Deletion of seperator value from index node[edit]

as seperator keys are copied from leaf and can be subsequently moved to higher index nodes, while deleting a key value we have to delete the key twice, once from the leaf and once from the index, right?

                     9
                  /     \
           2 5 - -       11    17        21     -
          / | \         /      |         |  \
              5 6 7 - 9 10 - - 11 12 13 -

like in this case if we want to delete 9, we first delete 9 from leaf; which will be prevented from underflowing by borrowing 11 from right sibling, adjusting their seperator entry in parent to 12 subsequently. The tree will then look like

                     9
                  /     \
           2 5 - -       12     17       21     -
          / | \         /       |        |  \
              5 6 7 - 10 11 - - 12 13 - -

but should we then delete the entry 9 from the root? which will need another deletion operation. Or we just keep that entry, it would take some space though and can acumulate to a larger space.

--Samik ganguly (talk) 10:30, 5 April 2012 (UTC)

Maximum possible number of keys in the root node as a leaf[edit]

Hello,

Quotation from the article: "(The root is also the single leaf, in this case.) This node is permitted to have as little as one key if necessary, and at most b."

Are you sure that the root node possible maximum number of keys as a leaf is b and not (b - 1) like any other "regular" leaf?
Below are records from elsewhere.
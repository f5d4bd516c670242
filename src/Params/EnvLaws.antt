-- ===== src/Params/EnvLaws.antt =====
-- What ParseParams accepts, and what it returns.
use openconnect_ubuntu_touch.Common.{
  ℕ, zero, suc, ◌+◌, ◌≤◌, ◌<◌, ◌≡◌, refl, subst, ◌↔◌, true, some, List, [], ◌∷◌, leb, Result, ok,
  err, >>=-eq-ok, arith, bit_and, All, all_below, all_below_sound, Option-cases, inl, inr,
}
use openconnect_ubuntu_touch.Common.Text.{Text, codes}
use openconnect_ubuntu_touch.Strings.{fields}
use openconnect_ubuntu_touch.Strconv.{atoi}
use openconnect_ubuntu_touch.Net.Ip.{Ip4, IsIp4}
use openconnect_ubuntu_touch.Net.Mask.{mask_ip}
use openconnect_ubuntu_touch.Net.Parse.{parse_ip}
use openconnect_ubuntu_touch.Net.Parse.Bytes.{to4-IsIp4}
use openconnect_ubuntu_touch.Params.{Route, Params}
use openconnect_ubuntu_touch.Params.Env.{
  Environment, ParamsError, env, ip4_of, parse_ip4, parse_fd, parse_mtu, parse_dns, parse_route,
  parse_routes, split_addr_key, split_mask_key, rounds_of, net_addr_or, params_of, parse_params,
}

-- What holds of every parsed tunnel description.
pub record IsParsed (p : Params) : Type 0 where
  pub address_ip : IsIp4 p.address
  pub netmask_ip : IsIp4 p.netmask
  pub net_addr_ip : IsIp4 p.net_addr
  pub gateway_ip : (g : Ip4) → p.gateway ≡ some g → IsIp4 g
  pub mtu_range : (576 ≤ p.mtu) × (p.mtu ≤ 65535)
  pub dns_ip : All IsIp4 p.dns
  pub splits_ip : All (λ r. IsIp4 r.network × IsIp4 r.mask) p.splits

and_table : all_below 256 (λ a. all_below 256 λ b. leb (bit_and a b) 255) ≡ true
unfolding all_below
and_table = refl

bit_and-lt : (a b : ℕ) → a < 256 → b < 256 → bit_and a b < 256
bit_and-lt a b ha hb =
    let t = all_below_sound 256 _ b (all_below_sound 256 _ a and_table ha) hb in ground (arith, t)

mask_ip-IsIp4_any : (a m : Ip4) → IsIp4 a → IsIp4 m → IsIp4 (mask_ip a m)
unfolding mask_ip
mask_ip-IsIp4_any a m ha hm = record {
  b0_lt = bit_and-lt a.b0 m.b0 ha.b0_lt hm.b0_lt;
  b1_lt = bit_and-lt a.b1 m.b1 ha.b1_lt hm.b1_lt;
  b2_lt = bit_and-lt a.b2 m.b2 ha.b2_lt hm.b2_lt;
  b3_lt = bit_and-lt a.b3 m.b3 ha.b3_lt hm.b3_lt;
}

ip4_of-IsIp4 : (v : Text) (a : Ip4) → ip4_of v ≡ some a → IsIp4 a
unfolding ip4_of
ip4_of-IsIp4 v a e = elim (Option-cases (parse_ip v)) [
  | inl bad ↦ absurd (ground (arith, bad))
  | inr (bs, good) ↦ to4-IsIp4 v bs a good (ground (arith, good))
]

parse_ip4-IsIp4 : (e : Environment) (k : Text) (a : Ip4) → parse_ip4 e k ≡ ok a → IsIp4 a
unfolding parse_ip4
parse_ip4-IsIp4 e k a h = elim (Option-cases (parse_ip (env e k))) [
  | inl bad ↦ absurd (ground (arith, bad))
  | inr (bs, good) ↦ to4-IsIp4 (env e k) bs a good (ground (arith, good))
]

parse_mtu_range : (v : Text) → (576 ≤ parse_mtu v) × (parse_mtu v ≤ 65535)
unfolding parse_mtu
parse_mtu_range v = ground arith

parse_dns-IsIp4 : (fs : List Text) → All IsIp4 (parse_dns fs)
unfolding parse_dns
parse_dns-IsIp4 [] = tt
parse_dns-IsIp4 (f ∷ fs) = elim (Option-cases (ip4_of f)) [
  | inl bad ↦ rw (bad, parse_dns) (parse_dns-IsIp4 fs)
  | inr (a, good) ↦ rw (good, parse_dns) (ip4_of-IsIp4 f a good, parse_dns-IsIp4 fs)
]

parse_route-IsIp4 :
    (e : Environment) (i : ℕ) (r : Route)
    → parse_route e i ≡ some r
    → IsIp4 r.network × IsIp4 r.mask
unfolding parse_route
parse_route-IsIp4 e i r h = elim (Option-cases (ip4_of (env e (split_addr_key i)))) [
  | inl bad ↦ absurd (ground (arith, bad))
  | inr (a, good) ↦ elim (Option-cases (ip4_of (env e (split_mask_key i)))) [
    | inl bad ↦ absurd (ground (arith, good, bad))
    | inr (m, found) ↦
        let same : record { network = a; mask = m } ≡ r = ground (arith, good, found) in
        subst (λ (t : Route). IsIp4 t.network × IsIp4 t.mask) same
          (
            ip4_of-IsIp4 (env e (split_addr_key i)) a good,
            ip4_of-IsIp4 (env e (split_mask_key i)) m found,
          )
  ]
]

parse_routes-IsIp4 :
    (e : Environment) (n i : ℕ) → All (λ r. IsIp4 r.network × IsIp4 r.mask) (parse_routes e n i)
unfolding parse_routes
parse_routes-IsIp4 e zero i = tt
parse_routes-IsIp4 e (suc n) i = elim (Option-cases (parse_route e i)) [
  | inl skipped ↦ rw (skipped, parse_routes) (parse_routes-IsIp4 e n (i + 1))
  | inr (r, good) ↦
      rw (good, parse_routes) (parse_route-IsIp4 e i r good, parse_routes-IsIp4 e n (i + 1))
]

-- The three values without which ParseParams fails.
module _ (e : Environment) where
  abbrev pub fd_of : Result ParamsError ℕ
  fd_of = parse_fd (env e (codes "VPNFD"))

  abbrev pub address_of : Result ParamsError Ip4
  address_of = parse_ip4 e (codes "INTERNAL_IP4_ADDRESS")

  abbrev pub netmask_of : Result ParamsError Ip4
  netmask_of = parse_ip4 e (codes "INTERNAL_IP4_NETMASK")

  abbrev pub net_addr_of : Result ParamsError Ip4
  net_addr_of = parse_ip4 e (codes "INTERNAL_IP4_NETADDR")

-- What a successful run went through.
pub parse_params_inv :
    (e : Environment) (p : Params)
    → parse_params e ≡ ok p
    → (fd : ℕ) × (a : Ip4) × (m : Ip4) × (fd_of e ≡ ok fd)
      × (address_of e ≡ ok a)
      × (netmask_of e ≡ ok m)
      × (params_of e fd a m ≡ p)
unfolding parse_params
parse_params_inv e p h =
    let (fd, e1, h1) = >>=-eq-ok (fd_of e) _ h in
    let (a, e2, h2) = >>=-eq-ok (address_of e) _ h1 in
    let (m, e3, h3) = >>=-eq-ok (netmask_of e) _ h2 in (fd, a, m, e1, e2, e3, cc h3)

-- ParseParams succeeds exactly when there is a descriptor, an address and a netmask: no other variable
-- can make it fail.
pub parse_params_ok_iff :
    (e : Environment)
    → ((p : Params) × (parse_params e ≡ ok p)) ↔ (
        ((fd : ℕ) × (fd_of e ≡ ok fd))
        × ((a : Ip4) × (address_of e ≡ ok a))
        × ((m : Ip4) × (netmask_of e ≡ ok m)))
unfolding parse_params
parse_params_ok_iff e = (
  (λ r.
      let (fd, a, m, e1, e2, e3, same) = parse_params_inv e r.0 r.1 in
      ((fd, e1), (a, e2), (m, e3))),
  λ r. (params_of e r.0.0 r.1.0 r.2.0, rw (r.0.1, r.1.1, r.2.1)),
)

net_addr_or-IsIp4 :
    (a m : Ip4) (r : Result ParamsError Ip4)
    → IsIp4 a
    → IsIp4 m
    → ((n : Ip4) → r ≡ ok n → IsIp4 n)
    → IsIp4 (net_addr_or (mask_ip a m) r)
net_addr_or-IsIp4 a m (ok n) ia im f = f n refl
net_addr_or-IsIp4 a m (err x) ia im f = mask_ip-IsIp4_any a m ia im

params_of-IsParsed :
    (e : Environment) (fd : ℕ) (a m : Ip4)
    → address_of e ≡ ok a
    → netmask_of e ≡ ok m
    → IsParsed (params_of e fd a m)
params_of-IsParsed e fd a m ea em =
    let ia = parse_ip4-IsIp4 e (codes "INTERNAL_IP4_ADDRESS") a ea in
    let im = parse_ip4-IsIp4 e (codes "INTERNAL_IP4_NETMASK") m em in
    record {
      address_ip = ia;
      netmask_ip = im;
      net_addr_ip =
          net_addr_or-IsIp4 a m (net_addr_of e) ia im
            (λ n h. parse_ip4-IsIp4 e (codes "INTERNAL_IP4_NETADDR") n h);
      gateway_ip = λ g h. ip4_of-IsIp4 (env e (codes "VPNGATEWAY")) g h;
      mtu_range = parse_mtu_range (env e (codes "INTERNAL_IP4_MTU"));
      dns_ip = parse_dns-IsIp4 (fields (env e (codes "INTERNAL_IP4_DNS")));
      splits_ip = parse_routes-IsIp4 e (rounds_of (atoi (env e (codes "CISCO_SPLIT_INC"))).val) 0;
    }

-- In a tunnel description that ParseParams returns, every address and mask is four bytes, and the MTU
-- is from 576 to 65535.
pub parse_params-IsParsed : (e : Environment) (p : Params) → parse_params e ≡ ok p → IsParsed p
parse_params-IsParsed e p h =
    let (fd, a, m, e1, e2, e3, same) = parse_params_inv e p h in
    subst IsParsed same (params_of-IsParsed e fd a m e2 e3)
Thank you. — Preceding unsigned comment added by 217.128.106.129 (talk) 21:17, 10 November 2012 (UTC)

PostgreSQL's use of B+ trees[edit]

PostgreSQL is capable of using B+ trees: http://www.postgresql.org/about/ Ddugovic (talk) 16:59, 25 December 2012 (UTC)

That page only mentions B+ trees in relation to GiST, which is a framework for building advanced inverted index structures. The fact that it *can* be used for building B+ trees doesn't mean that anyone uses it that way. I think it would be very misleading to list it on this article because of GiST.
Normal ("btree" type) indexes in Postgres are not B+ trees. The distinction between B+ trees and B-trees is kind of nonsense for database indexes in the first place -- all the columns in the index itself *are* the lookup key, and they're the same on the leaf level as any other level. The *record* itself is generally stored in a separate structure -- in the case of Postgres, it's the table heap.
The distinction does make sense for databases which store whole table data in a tree, such as InnoDB (which uses a normal B-tree) or Oracle's index-organized tables (and others). Postgres always stores table data in a heap, not a tree, thus the B+ tree/B-tree classificaiton is not applicable. -- intgr [talk] 23:03, 25 December 2012 (UTC)
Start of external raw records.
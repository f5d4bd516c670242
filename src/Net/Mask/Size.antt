-- ===== src/Net/Mask/Size.antt =====
-- Size, and the masks that CIDRMask makes.
use openconnect_ubuntu_touch.Common.{
  ℕ, ◌+◌, ◌-◌, ◌*◌, ◌≤◌, ◌<◌, ◌≡◌, refl, sym, ap, ◌∙◌, true, ◌&&◌, All, length, Bool-cases, inl,
  inr, all_below, all_below_sound, Option, none, some, List, [], ◌∷◌, arith, ◌==◌, ==_iff,
}
use openconnect_ubuntu_touch.Net.Ip.{Ip4, IsIp4}
use openconnect_ubuntu_touch.Net.Mask.{
  cidr_byte, cidr_mask, simple_mask_length, mask_size, all_zero, byte_ones,
}
use openconnect_ubuntu_touch.Net.Mask.Bytes.{cidr_byte_ones, cidr_byte-lt, byte_ones_sound}

zero_rest : (m : List ℕ) → all_zero m ≡ true → All (λ v. v ≡ 0) m
unfolding all_zero
zero_rest [] h = tt
zero_rest (v ∷ m) h = (ground arith, zero_rest m (ground arith))

-- The bytes of a mask with `n` leading ones from byte to byte.
abbrev LeadingOnes : List ℕ → ℕ → Type 0
LeadingOnes [] n = Unit
LeadingOnes (v ∷ m) n = (v ≡ cidr_byte n) × LeadingOnes m (n - 8)

zero-LeadingOnes : (m : List ℕ) → All (λ v. v ≡ 0) m → LeadingOnes m 0
unfolding cidr_byte
zero-LeadingOnes [] h = tt
zero-LeadingOnes (v ∷ m) (e, h) = (e, zero-LeadingOnes m h)

simple_mask_length-LeadingOnes :
    (m : List ℕ) (n k : ℕ)
    → All (λ v. v < 256) m
    → simple_mask_length m n ≡ some k
    → (n ≤ k) × (k ≤ n + 8 * length m) × LeadingOnes m (k - n)
unfolding simple_mask_length
simple_mask_length-LeadingOnes [] n k b h = ground arith
simple_mask_length-LeadingOnes (v ∷ m) n k (bv, bm) h = elim (Bool-cases (v == 255)) [
  | inl full ↦
      let deeper : simple_mask_length m (n + 8) ≡ some k = ground arith in
      let (lo, hi, ones) = simple_mask_length-LeadingOnes m (n + 8) k bm deeper in
      let same : k - n - 8 ≡ k - (n + 8) = omega arith in
      let first : v ≡ cidr_byte (k - n) =
        (==_iff v 255).0 full ∙ sym (cidr_byte_ones (k - n) (omega arith)) in
      (omega arith, omega arith, (first, rw same ones))
  | inr part ↦
      let rest : all_zero m ≡ true = ground arith in
      let here : byte_ones 9 v n ≡ some k = ground arith in
      let (lo, hi, first) = byte_ones_sound v n k bv here in
      let none_left : k - n - 8 ≡ 0 = omega arith in
      (lo, omega arith, (first, rw none_left (zero-LeadingOnes m (zero_rest m rest))))
]

-- A mask that `Size` accepts is the one that `CIDRMask` makes from the length it returns.
pub mask_size_sound :
    (m : Ip4) (n : ℕ) → IsIp4 m → mask_size m ≡ (n, 32) → (n ≤ 32) × (m ≡ cidr_mask n)
unfolding mask_size cidr_mask
mask_size_sound m n im h = counted (simple_mask_length (m.b0 ∷ m.b1 ∷ m.b2 ∷ m.b3 ∷ []) 0) refl h
  where
    counted :
        (o : Option ℕ)
        → simple_mask_length (m.b0 ∷ m.b1 ∷ m.b2 ∷ m.b3 ∷ []) 0 ≡ o
        → ◌≡◌ {A = ℕ × ℕ} (elim o [ none ↦ (0, 0) | some k ↦ (k, 32) ]) (n, 32)
        → (n ≤ 32) × (m ≡ cidr_mask n)
    counted none e t = absurd (omega (arith, ap (λ (p : ℕ × ℕ). p.1) t))
    counted (some k) e t =
        let same : k ≡ n = ap (λ (p : ℕ × ℕ). p.0) t in
        let (lo, hi, ones) =
          simple_mask_length-LeadingOnes (m.b0 ∷ m.b1 ∷ m.b2 ∷ m.b3 ∷ []) 0 n
            (im.b0_lt, (im.b1_lt, (im.b2_lt, (im.b3_lt, tt)))) (e ∙ ap some same) in
        let e0 : n - 0 ≡ n = omega arith in
        let e2 : n - 8 - 8 ≡ n - 16 = omega arith in
        let e3 : n - 16 - 8 ≡ n - 24 = omega arith in
        let bytes = rw (e0, e2, e3) at ones in (omega arith, ground (arith, bytes))

size_table :
    all_below 33 (λ n. (mask_size (cidr_mask n)).0 == n && (mask_size (cidr_mask n)).1 == 32) ≡ true
unfolding all_below mask_size cidr_mask cidr_byte
size_table = refl

-- `Size` gives back the length that `CIDRMask` was given.
pub mask_size-cidr_mask : (n : ℕ) → n ≤ 32 → mask_size (cidr_mask n) ≡ (n, 32)
mask_size-cidr_mask n h = ground (arith, all_below_sound 33 _ n size_table (omega arith))

pub cidr_mask-IsIp4 : (n : ℕ) → IsIp4 (cidr_mask n)
unfolding cidr_mask
cidr_mask-IsIp4 n = omega (arith, cidr_byte-lt)
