-- ===== src/Net/Mask/Masked.antt =====
-- Mask, and the host digits of an address.
use openconnect_ubuntu_touch.Common.{
  ℕ, zero, suc, ◌+◌, ◌-◌, ◌*◌, ◌/◌, ◌^◌, ◌≤◌, ◌<◌, ◌≡◌, arith, bit_and,
}
use openconnect_ubuntu_touch.Net.Ip.{Ip4, IsIp4, value}
use openconnect_ubuntu_touch.Net.Mask.{cidr_byte, cidr_mask, mask_ip}
use openconnect_ubuntu_touch.Net.Mask.Prefix.{two_pow_add, shift_whole}
use openconnect_ubuntu_touch.Net.Mask.Bytes.{bit_and-cidr_byte, cidr_byte_full}
use native.Mathlib.Nat.{div-mul-le_self}
use native.Mathlib.Decide.{dec_le}

-- Clearing trailing digits leaves the parts in front alone.
clear_low :
    (j h l : ℕ) → j ≤ 8 → l < 256 → (h * 256 + l) / 2 ^ j * 2 ^ j ≡ h * 256 + l / 2 ^ j * 2 ^ j
clear_low zero h l hj hl = omega arith
clear_low (suc zero) h l hj hl = omega arith
clear_low (suc (suc zero)) h l hj hl = omega arith
clear_low (suc (suc (suc zero))) h l hj hl = omega arith
clear_low (suc (suc (suc (suc zero)))) h l hj hl = omega arith
clear_low (suc (suc (suc (suc (suc zero))))) h l hj hl = omega arith
clear_low (suc (suc (suc (suc (suc (suc zero)))))) h l hj hl = omega arith
clear_low (suc (suc (suc (suc (suc (suc (suc zero))))))) h l hj hl = omega arith
clear_low (suc (suc (suc (suc (suc (suc (suc (suc zero)))))))) h l hj hl = omega arith
clear_low (suc (suc (suc (suc (suc (suc (suc (suc (suc j))))))))) h l hj hl = absurd (omega arith)

-- One byte under its mask byte, at every length.
masked_byte : (n b : ℕ) → b < 256 → bit_and b (cidr_byte n) ≡ b / 2 ^ (8 - n) * 2 ^ (8 - n)
masked_byte n b hb = elim (dec_le n 8) [
  | yes small ↦ bit_and-cidr_byte n b small hb
  | no large ↦
      let e : 8 - n ≡ 0 = omega arith in
      rw (e, cidr_byte_full n (omega arith), bit_and-cidr_byte 8 b (omega arith) hb) (omega arith)
]

-- Clearing j + m digits: the upper part is cleared by j, the lower m digits go.
clear_whole : (a j m : ℕ) → a / 2 ^ (j + m) * 2 ^ (j + m) ≡ a / 2 ^ m / 2 ^ j * 2 ^ j * 2 ^ m
clear_whole a j m = rw (shift_whole a j m, two_pow_add j m) (omega arith)

module _ (n : ℕ) (a : Ip4) (ia : IsIp4 a) where
  -- What the four masked bytes spell.
  abbrev cleared : ℕ
  cleared =
      a.b0 / 2 ^ (8 - n) * 2 ^ (8 - n) * 16777216
      + a.b1 / 2 ^ (8 - (n - 8)) * 2 ^ (8 - (n - 8)) * 65536
      + a.b2 / 2 ^ (8 - (n - 16)) * 2 ^ (8 - (n - 16)) * 256
      + a.b3 / 2 ^ (8 - (n - 24)) * 2 ^ (8 - (n - 24))

  abbrev host_cleared : ℕ
  host_cleared = value a / 2 ^ (32 - n) * 2 ^ (32 - n)

  cleared_24 : 24 ≤ n → n ≤ 32 → cleared ≡ host_cleared
  cleared_24 lo hi =
      let e0 : 8 - n ≡ 0 = omega arith in
      let e1 : 8 - (n - 8) ≡ 0 = omega arith in
      let e2 : 8 - (n - 16) ≡ 0 = omega arith in
      let e3 : 8 - (n - 24) ≡ 32 - n = omega arith in
      let wa : value a ≡ (a.b0 * 65536 + a.b1 * 256 + a.b2) * 256 + a.b3 = omega arith in
      rw
        (
          e0,
          e1,
          e2,
          e3,
          wa,
          clear_low (32 - n) (a.b0 * 65536 + a.b1 * 256 + a.b2) a.b3 (omega arith) ia.b3_lt,
        )
        (omega arith)

  cleared_16 : 16 ≤ n → n ≤ 24 → cleared ≡ host_cleared
  cleared_16 lo hi =
      let e0 : 8 - n ≡ 0 = omega arith in
      let e1 : 8 - (n - 8) ≡ 0 = omega arith in
      let e2 : 8 - (n - 16) ≡ 24 - n = omega arith in
      let e3 : 8 - (n - 24) ≡ 8 = omega arith in
      let e4 : 32 - n ≡ 24 - n + 8 = omega arith in
      let wa : value a / 256 ≡ (a.b0 * 256 + a.b1) * 256 + a.b2 = omega arith in
      rw
        (
          e0,
          e1,
          e2,
          e3,
          e4,
          clear_whole (value a) (24 - n) 8,
          wa,
          clear_low (24 - n) (a.b0 * 256 + a.b1) a.b2 (omega arith) ia.b2_lt,
        )
        (omega arith)

  cleared_8 : 8 ≤ n → n ≤ 16 → cleared ≡ host_cleared
  cleared_8 lo hi =
      let e0 : 8 - n ≡ 0 = omega arith in
      let e1 : 8 - (n - 8) ≡ 16 - n = omega arith in
      let e2 : 8 - (n - 16) ≡ 8 = omega arith in
      let e3 : 8 - (n - 24) ≡ 8 = omega arith in
      let e4 : 32 - n ≡ 16 - n + 16 = omega arith in
      let wa : value a / 65536 ≡ a.b0 * 256 + a.b1 = omega arith in
      rw
        (
          e0,
          e1,
          e2,
          e3,
          e4,
          clear_whole (value a) (16 - n) 16,
          wa,
          clear_low (16 - n) a.b0 a.b1 (omega arith) ia.b1_lt,
        )
        (omega arith)

  cleared_0 : n ≤ 8 → cleared ≡ host_cleared
  cleared_0 hi =
      let e1 : 8 - (n - 8) ≡ 8 = omega arith in
      let e2 : 8 - (n - 16) ≡ 8 = omega arith in
      let e3 : 8 - (n - 24) ≡ 8 = omega arith in
      let e4 : 32 - n ≡ 8 - n + 24 = omega arith in
      let wa : value a / 16777216 ≡ a.b0 = omega arith in
      rw (e1, e2, e3, e4, clear_whole (value a) (8 - n) 24, wa) (omega arith)

  cleared_eq : n ≤ 32 → cleared ≡ host_cleared
  cleared_eq hi = elim (dec_le n 8) [
    | yes p ↦ cleared_0 p
    | no p ↦ elim (dec_le n 16) [
      | yes q ↦ cleared_8 (omega arith) q
      | no q ↦ elim (dec_le n 24) [
        | yes r ↦ cleared_16 (omega arith) r
        | no r ↦ cleared_24 (omega arith) hi
      ]
    ]
  ]

-- The number of a masked address: its host digits are zero.
pub value-mask_ip :
    (n : ℕ) (a : Ip4)
    → n ≤ 32
    → IsIp4 a
    → value (mask_ip a (cidr_mask n)) ≡ value a / 2 ^ (32 - n) * 2 ^ (32 - n)
unfolding mask_ip cidr_mask
value-mask_ip n a hn ia =
    rw
      (
        masked_byte n a.b0 ia.b0_lt,
        masked_byte (n - 8) a.b1 ia.b1_lt,
        masked_byte (n - 16) a.b2 ia.b2_lt,
        masked_byte (n - 24) a.b3 ia.b3_lt,
      )
      (cleared_eq n a ia hn)

masked_byte-lt : (n b : ℕ) → b < 256 → bit_and b (cidr_byte n) < 256
masked_byte-lt n b h = rw (masked_byte n b h) (omega (arith, div-mul-le_self b (2 ^ (8 - n))))

pub mask_ip-IsIp4 : (n : ℕ) (a : Ip4) → IsIp4 a → IsIp4 (mask_ip a (cidr_mask n))
unfolding mask_ip cidr_mask
mask_ip-IsIp4 n a ia = record {
  b0_lt = masked_byte-lt n a.b0 ia.b0_lt;
  b1_lt = masked_byte-lt (n - 8) a.b1 ia.b1_lt;
  b2_lt = masked_byte-lt (n - 16) a.b2 ia.b2_lt;
  b3_lt = masked_byte-lt (n - 24) a.b3 ia.b3_lt;
}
So, what is a B+tree?[edit]

I. Here it states, "A B+ tree can be viewed as a B-tree in which each node contains only keys (not key-value pairs)"

II. However, in the B tree article : "In the B+-tree, copies of the keys are stored in the internal nodes; the keys and records are stored in leaves"

Is is I, II, or neither?

Search algorithm, insertion, and merging gibberish[edit]

First, a function just calls another function. What is k_0 or k_i? Why are there no brackets like in k_[i+1]? Where does p come from? etc .. etc... etc ...

"B-trees grow at the root and not at the leaves" Umm ....

Is there any reason whey the "merging" garbage should not be deleted?

Insertion: "B-trees grow at the root and not at the leaves."[edit]

I read the referenced "fundamentals of database systems" and after that I do not understand this saying either. If a leaf node is split the tree grows at its bottom as well, which is the common case. Maybe it would be better to say that **new levels** are added by splitting the root node and adding a new root.